Peshawar police quickly end Taliban attack on Agriculture Training Institute
PESHAWAR -- Nine people were killed and more than 30 injured Friday (December 1) when burqa-clad Taliban militants stormed the Agriculture Training Institute in Peshawar as Pakistan marked the birthday of the Prophet Muhammad, officials said.
Five militants opened fire near the gates of the institute, killing one guard and injuring another before making their way inside and targeting the student dormitory, according to police.
"Terrorists wearing burqas arrived by rickshaw and entered the building ... early in the morning," Khyber Pakhtunkhwa (KP) Inspector General of Police Salahuddin Khan Mehsud said during a news conference in Peshawar.
"All of them were wearing suicide vests but they were killed before they could blow themselves up," Mehsud said, adding that security forces raced to the scene "within three minutes".
The militants killed six students, a security guard and two civilians, according to police.
Spokeswomen from two hospitals in the city confirmed they had received a total of nine bodies and were treating 38 injured, including several in critical condition.
"We received 19 people including three bodies," Dr. Rooh Ul Muqeem, medical director of Khyber Teaching Hospital, told journalists. "The majority were students with bullet wounds. Some jumped out of the building to save themselves."
Swift police action
Senior Superintendent of Police Operations Sajjad Khan said all five suicide bombers were killed and that the carnage was minimised due to the swift police response.
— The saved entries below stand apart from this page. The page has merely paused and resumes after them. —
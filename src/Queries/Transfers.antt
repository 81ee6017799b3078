-- ===== src/Queries/Transfers.antt =====
-- src/data/indexed/queries/transfers.rs: the list pages and the account history of transfers. The table
-- is the list of one network's rows of the query's join, of `kind = 0`, in the order of `(block_num
-- DESC, event_idx DESC)`; a transfer has two rows there, of one position and opposite signs. The parser of addresses and the quoted form of a text are parameters.
pub mod Probed
pub mod Walk
use allfeat_explorer.Common.{
  ℕ, zero, suc, ◌+◌, ◌-◌, ◌^◌, Bool, true, false, ◌&&◌, not, Option, none, some, List, [], ◌∷◌,
  ◌++◌, map, Bytes, codes, Result, ok, err, ◌>>=◌, ◌==◌, if◌then◌else◌, keep, take,
}
use allfeat_explorer.Common.Integers.{ℤ, pos, negsuc, as_i32, as_i64, at_least_zero, lt_row}
use allfeat_explorer.Common.Maps.{bytes_beq}
use allfeat_explorer.Decimal.{display, parse}
use allfeat_explorer.Domain.{Extrinsic, Page, PageInfo, PageRequest, Transfer, empty_page}
use allfeat_explorer.Errors.{DataError, bad_request}
use allfeat_explorer.Filters.{TransferFilters}
use allfeat_explorer.Cursor.Transfer.{TransferCursor, to_string, from_str}
use allfeat_explorer.Cursor.Request.{parse_cursor}
use allfeat_explorer.Ss58.Prefix.{encode_ss58_bytes}
use allfeat_explorer.Hex.{hex_bytes}
use allfeat_explorer.Queries.Keyset.{last, truncate, has_more}
use allfeat_explorer.Queries.Extrinsics.{
  Codec, address_of, is_some, tip_of, or_zero, call_result, nonce_of, u128_max, tuple_min,
}

-- `delta` is the text of the signed number; the other columns from `hash` on are the extrinsic's.
pub record TransferRow : Type 0 where
  pub block_num : ℤ
  pub event_idx : ℤ
  pub account : Bytes
  pub counterparty : Option Bytes
  pub delta : Bytes
  pub phase_idx : Option ℤ
  pub hash : Bytes
  pub pallet : Bytes
  pub call : Bytes
  pub signer : Option Bytes
  pub tip : Option Bytes
  pub fee : Bytes
  pub nonce : Option ℤ
  pub success : Bool
  pub args_scale : Bytes
  pub timestamp_ms : ℕ

-- The text of a negative number starts with a minus.
unfoldable pub is_negative : TransferRow → Bool
is_negative row = elim row.delta [ [] ↦ false | c ∷ s ↦ c == b'-' ]

negated : Option ℕ → Option ℤ
negated none = none
negated (some n) = some (elim n [ zero ↦ pos 0 | suc m ↦ negsuc m ])

unsigned : Option ℕ → Option ℤ
unsigned none = none
unsigned (some n) = some (pos n)

-- The digits behind a minus, where no other sign may stand.
magnitude : Bytes → Option ℕ
magnitude [] = none
magnitude (c ∷ s) = if c == b'+' then none else parse (2 ^ 127) (c ∷ s)

-- `i128::from_str`
unfoldable pub parse_i128 : Bytes → Option ℤ
unfolding negated unsigned magnitude
parse_i128 [] = none
parse_i128 (c ∷ s) =
    if c == b'-' then negated (magnitude s) else unsigned (parse (2 ^ 127 - 1) (c ∷ s))

abbrev pub unsigned_abs : ℤ → ℕ
unsigned_abs (pos n) = n
unsigned_abs (negsuc n) = suc n

abbrev pub is_below_zero : ℤ → Bool
is_below_zero (pos n) = false
is_below_zero (negsuc n) = true

unfoldable pub upper_of : Option TransferCursor → Option (ℕ × ℕ) → Option (ℕ × ℕ)
upper_of (some c) (some u) = some (tuple_min (c.block, c.event_idx) u)
upper_of (some c) none = some (c.block, c.event_idx)
upper_of none (some u) = some u
upper_of none none = none

unfoldable pub below_upper : Option (ℕ × ℕ) → TransferRow → Bool
below_upper none row = true
below_upper (some (block, event_idx)) row =
    lt_row row.block_num row.event_idx (as_i64 block) (as_i32 event_idx)

-- `m.account = $` and `m.counterparty = $`, where they are pushed; NULL equals nothing.
abbrev pub account_is : Option Bytes → TransferRow → Bool
account_is none row = true
account_is (some bytes) row = bytes_beq row.account bytes

abbrev pub counterparty_is : Option Bytes → TransferRow → Bool
counterparty_is none row = true
counterparty_is (some bytes) row = elim row.counterparty [
  | none ↦ false
  | some c ↦ bytes_beq c bytes
]

unfoldable pub is_sent : Option Bytes → Option Bytes → TransferRow → Bool
unfolding is_negative
is_sent from_bytes to_bytes row =
    is_negative row && (account_is from_bytes row && counterparty_is to_bytes row)

-- `row.0.max(0) as u64` and `row.1.max(0) as u32`
abbrev pub position : TransferRow → ℕ × ℕ
position row = (at_least_zero row.block_num, at_least_zero row.event_idx)

module _ (codec : Codec) (ss58_prefix : ℕ) where
  -- The extrinsic of a row, for its index.
  unfoldable pub row_extrinsic : TransferRow → ℕ → Extrinsic
  row_extrinsic row xt_index = record {
    id = display (at_least_zero row.block_num) ++ b'-' ∷ display xt_index;
    block_number = at_least_zero row.block_num;
    index = xt_index;
    hash = hex_bytes row.hash;
    pallet = row.pallet;
    call = row.call;
    signed = is_some (address_of codec ss58_prefix row.signer);
    signer = address_of codec ss58_prefix row.signer;
    args = codec.decode_call_args row.pallet row.call row.args_scale;
    result = call_result row.success;
    nonce = nonce_of row.nonce;
    tip = tip_of row.tip;
    fee = or_zero (parse u128_max row.fee);
    timestamp_ms = row.timestamp_ms;
    events = [];
  }

  -- The sender and the recipient by the sign of the delta.
  unfoldable pub directed : Extrinsic → Bytes → Bytes → ℤ → Transfer
  directed extrinsic account counterparty delta = record {
    extrinsic = extrinsic;
    sender = if is_below_zero delta then account else counterparty;
    recipient = if is_below_zero delta then counterparty else account;
    amount = unsigned_abs delta;
  }

  unfoldable pub row_to_transfer : TransferRow → Option Transfer
  unfolding row_extrinsic directed
  row_to_transfer row = elim row.phase_idx [
    | none ↦ none
    | some phase_idx ↦
        elim (encode_ss58_bytes codec.blake2b512 codec.to_base58 row.account ss58_prefix) [
          | none ↦ none
          | some account ↦ elim (address_of codec ss58_prefix row.counterparty) [
            | none ↦ none
            | some counterparty ↦ elim (parse_i128 row.delta) [
              | none ↦ none
              | some delta ↦ some (
                  directed (row_extrinsic row (at_least_zero phase_idx)) account counterparty delta)
            ]
          ]
        ]
  ]

  unfoldable pub to_transfers : List TransferRow → List Transfer
  to_transfers [] = []
  to_transfers (row ∷ rows) = elim (row_to_transfer row) [
    | none ↦ to_transfers rows
    | some t ↦ t ∷ to_transfers rows
  ]

  -- The transfers of a page's rows, each with its position.
  unfoldable pub probed : List TransferRow → List (Transfer × (ℕ × ℕ))
  probed [] = []
  probed (row ∷ rows) = elim (row_to_transfer row) [
    | none ↦ probed rows
    | some t ↦ (t, position row) ∷ probed rows
  ]

  unfoldable pub latest_transfers : List TransferRow → ℕ → List Transfer
  latest_transfers table count =
      if count == 0 then [] else to_transfers (take count (keep is_negative table))

  unfoldable pub account_transfer_history : List TransferRow → Bytes → ℕ → List Transfer
  account_transfer_history table account count =
      if count == 0
      then []
      else to_transfers (take count (keep (λ row. bytes_beq row.account account) table))

abbrev pub position_text : ℕ × ℕ → Bytes
position_text k = to_string (record { block = k.0; event_idx = k.1 })

unfoldable pub next_cursor : Bool → List (Transfer × (ℕ × ℕ)) → Option Bytes
next_cursor more rows =
    if more then elim (last rows) [ none ↦ none | some p ↦ some (position_text p.1) ] else none

-- The page that is cut from what the query gave, at most one more than `count`.
unfoldable pub page_of : ℕ → List (Transfer × (ℕ × ℕ)) → Page Transfer
unfolding next_cursor
page_of count rows =
    let shown = truncate count rows in
    record {
      items = map (λ (p : Transfer × (ℕ × ℕ)). p.0) shown;
      page_info = record {
        total = none;
        next_cursor = next_cursor (has_more count rows) shown;
        has_more = has_more count rows;
      };
    }

module _ (parse_account : Bytes → Option Bytes) (quoted : Bytes → Bytes) where
  unfoldable pub parse_ss58_filter : Bytes → Bytes → Result DataError Bytes
  parse_ss58_filter value field = elim (parse_account value) [
    | none ↦
        err (
          bad_request (codes "invalid SS58 address in " ++ (field ++ (codes ": " ++ quoted value))))
    | some bytes ↦ ok bytes
  ]

  unfoldable pub parse_filter : Option Bytes → Bytes → Result DataError (Option Bytes)
  parse_filter none field = ok none
  parse_filter (some s) field = do bytes ← parse_ss58_filter s field; ok (some bytes)

  module _ (codec : Codec) (ss58_prefix : ℕ) (table : List TransferRow) where
    unfoldable pub list_transfers_page_bounded :
        PageRequest → Option (ℕ × ℕ) → TransferFilters → Result DataError (Page Transfer)
    list_transfers_page_bounded req strict_upper filters =
        if req.count == 0 then ok empty_page else (do
          cursor ← parse_cursor from_str req
          from_bytes ← parse_filter filters.sender (codes "from")
          to_bytes ← parse_filter filters.recipient (codes "to")
          ok (
              page_of req.count (
                probed codec ss58_prefix (
                  take (req.count + 1) (
                    keep (below_upper (upper_of cursor strict_upper))
                      (keep (is_sent from_bytes to_bytes) table))))))

    unfoldable pub list_transfers_page :
        PageRequest → TransferFilters → Result DataError (Page Transfer)
    list_transfers_page req filters = list_transfers_page_bounded req none filters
The security forces who killed the attackers certainly minimised potential damage because the militants had "plenty of weapons, ammunition, hand grenades and detonators", Alamgir Khan, president of the Peshawar Press Club, told Pakistan Forward.
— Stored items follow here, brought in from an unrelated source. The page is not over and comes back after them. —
-- ===== src/Queries/Transfers/Probed.antt =====
-- src/data/indexed/queries/transfers.rs: the transfers that the rows of a query make, where all are readable.
use allfeat_explorer.Common.{
  ℕ, zero, suc, ◌≤◌, ◌≡◌, refl, sym, ap, subst, ◌∙◌, true, some, List, [], ◌∷◌, map, Bytes, arith,
  keep, take, length, All, Bool-cases, inl, inr,
}
use allfeat_explorer.Common.Integers.{ℤ, pos, as_i32, as_i32-pos, as_i64, as_i64-pos, at_least_zero}
use allfeat_explorer.Common.Maps.{pair_lt}
use allfeat_explorer.Domain.{Transfer}
use allfeat_explorer.Queries.Keyset.{truncate-probe, has_more-probe, IsDescending, rest_below}
use allfeat_explorer.Queries.Pager.{IsPageOf}
use allfeat_explorer.Queries.Extrinsics.{Codec, address_of}
use allfeat_explorer.Ss58.Prefix.{encode_ss58_bytes}
use allfeat_explorer.Queries.Extrinsics.Paged.{InRange, lt_row-pos}
use allfeat_explorer.Queries.Transfers.{
  TransferRow, position, below_upper, row_to_transfer, directed, row_extrinsic, parse_i128,
  to_transfers, probed, position_text, next_cursor, page_of,
}

-- A row whose block and event are numbered from zero, within what the cursor's casts keep.
pub record IsPlaced (row : TransferRow) : Type 0 where
  pub block : row.block_num ≡ pos (at_least_zero row.block_num)
  pub index : row.event_idx ≡ pos (at_least_zero row.event_idx)
  pub range : InRange (position row)

abbrev pub key_of : Transfer × (ℕ × ℕ) → ℕ × ℕ
key_of p = p.1

abbrev pub item_of : Transfer × (ℕ × ℕ) → Transfer
item_of p = p.0

pub below_upper-lt :
    (k : ℕ × ℕ) (row : TransferRow)
    → InRange k
    → IsPlaced row
    → below_upper (some k) row ≡ pair_lt (position row) k
unfolding below_upper
below_upper-lt k row r p =
    lt_row-pos row.block_num row.event_idx (as_i64 k.0) (as_i32 k.1) p.block p.index
      (as_i64-pos k.0 r.block) (as_i32-pos k.1 r.index)

pub page-IsPageOf :
    (count : ℕ) (ys : List (Transfer × (ℕ × ℕ)))
    → IsPageOf key_of position_text item_of count ys (page_of count (take (suc count) ys))
unfolding page_of next_cursor
page-IsPageOf count ys = record {
  items = ap (map item_of) (truncate-probe count ys);
  ends = λ h. rw (has_more-probe count ys, h) refl;
  goes_on = λ r h l. rw (has_more-probe count ys, h, truncate-probe count ys, l) refl;
}

module _ (codec : Codec) (ss58_prefix : ℕ) where
  -- A row whose addresses, delta and phase make a transfer.
  abbrev pub IsReadable : TransferRow → Type 0
  IsReadable row = (t : Transfer) × (row_to_transfer codec ss58_prefix row ≡ some t)

  -- A row with a phase, two account ids of 32 bytes and a number makes a transfer.
  pub row_to_transfer-some :
      (row : TransferRow) (i : ℤ) (account counterparty : Bytes) (delta : ℤ)
      → row.phase_idx ≡ some i
      → encode_ss58_bytes codec.blake2b512 codec.to_base58 row.account ss58_prefix ≡ some account
      → address_of codec ss58_prefix row.counterparty ≡ some counterparty
      → parse_i128 row.delta ≡ some delta
      → IsReadable row
  unfolding row_to_transfer
  row_to_transfer-some row i account counterparty delta p a c d = (
    directed codec ss58_prefix (row_extrinsic codec ss58_prefix row (at_least_zero i)) account
        counterparty delta,
    ground arith,
  )

  abbrev pub read : List TransferRow → List (Transfer × (ℕ × ℕ))
  read = probed codec ss58_prefix

  probed-some :
      (row : TransferRow) (rows : List TransferRow) (t : Transfer)
      → row_to_transfer codec ss58_prefix row ≡ some t
      → read (row ∷ rows) ≡ (t, position row) ∷ read rows
  unfolding probed
  probed-some row rows t e = ground arith

  pub probed-keep :
      (k : ℕ × ℕ) (rows : List TransferRow)
      → All IsReadable rows
      → read (keep (λ row. pair_lt (position row) k) rows) ≡ rest_below key_of pair_lt k (read rows)
  unfolding probed
  probed-keep k [] h = refl
  probed-keep k (row ∷ rows) ((t, e), h) = elim (Bool-cases (pair_lt (position row) k)) [
    | inl low ↦ ground (arith, probed-keep k rows h)
    | inr other ↦ ground (arith, probed-keep k rows h)
  ]

  pub probed-take :
      (n : ℕ) (rows : List TransferRow)
      → All IsReadable rows
      → read (take n rows) ≡ take n (read rows)
  unfolding probed
  probed-take zero rows h = refl
  probed-take (suc n) [] h = refl
  probed-take (suc n) (row ∷ rows) ((t, e), h) =
      probed-some row (take n rows) t e
      ∙ ap (◌∷◌ (t, position row)) (probed-take n rows h)
      ∙ sym (ap (take (suc n)) (probed-some row rows t e))

  pub probed-All :
      (P : ℕ × ℕ → Type 0) (rows : List TransferRow)
      → All IsReadable rows
      → All (λ row. P (position row)) rows
      → All (λ p. P (key_of p)) (read rows)
  unfolding probed
  probed-All P [] h ps = tt
  probed-All P (row ∷ rows) ((t, e), h) (p, ps) =
      subst (All (λ q. P (key_of q))) (sym (probed-some row rows t e)) (p, probed-All P rows h ps)

  pub probed-IsDescending :
      (rows : List TransferRow)
      → All IsReadable rows
      → IsDescending position pair_lt rows
      → IsDescending key_of pair_lt (read rows)
  unfolding probed
  probed-IsDescending [] h d = tt
  probed-IsDescending (row ∷ rows) ((t, e), h) (low, d) =
      subst (IsDescending key_of pair_lt) (sym (probed-some row rows t e))
        (probed-All (λ k. pair_lt k (position row) ≡ true) rows h low, probed-IsDescending rows h d)

  pub probed-items :
      (rows : List TransferRow)
      → All IsReadable rows
      → map item_of (read rows) ≡ to_transfers codec ss58_prefix rows
  unfolding probed to_transfers
  probed-items [] h = refl
  probed-items (row ∷ rows) ((t, e), h) = ground (arith, probed-items rows h)

  pub length-probed :
      (rows : List TransferRow) → All IsReadable rows → length (read rows) ≤ length rows
  unfolding probed
  length-probed [] h = omega arith
  length-probed (row ∷ rows) ((t, e), h) = ground (arith, length-probed rows h)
If police had not killed the attackers before they could detonate their suicide vests, the carnage would have been much worse, he said.
"Well done KP police," Islamabad-based journalist Hasan Khan tweeted. "Proud of police&security forces."
'A fountain of blood'
Noor Wali, a 19-year-old student at the institute, described a terrifying ordeal that began when he was woken by gunshots.
"I rushed to the door and saw a fountain of blood pumping out of the shoulder of my roommate who was standing outside the room," he told AFP.
He and another student rushed to his aid, and hid from the gunmen for almost an hour before they were rescued by security forces.
"The other student was pressing the wound with his hands to stop the blood and I had to put my hand on his mouth so that he cannot scream," he said.
"We took shelter inside the bedroom and were begging the injured student not to make any sound as the terrorists might hear it and kill us."
TV reporter Raham Yousafzai of 24-News, "took a bullet in the leg", Alamgir Khan, who also works at 24-News, told Pakistan Forward.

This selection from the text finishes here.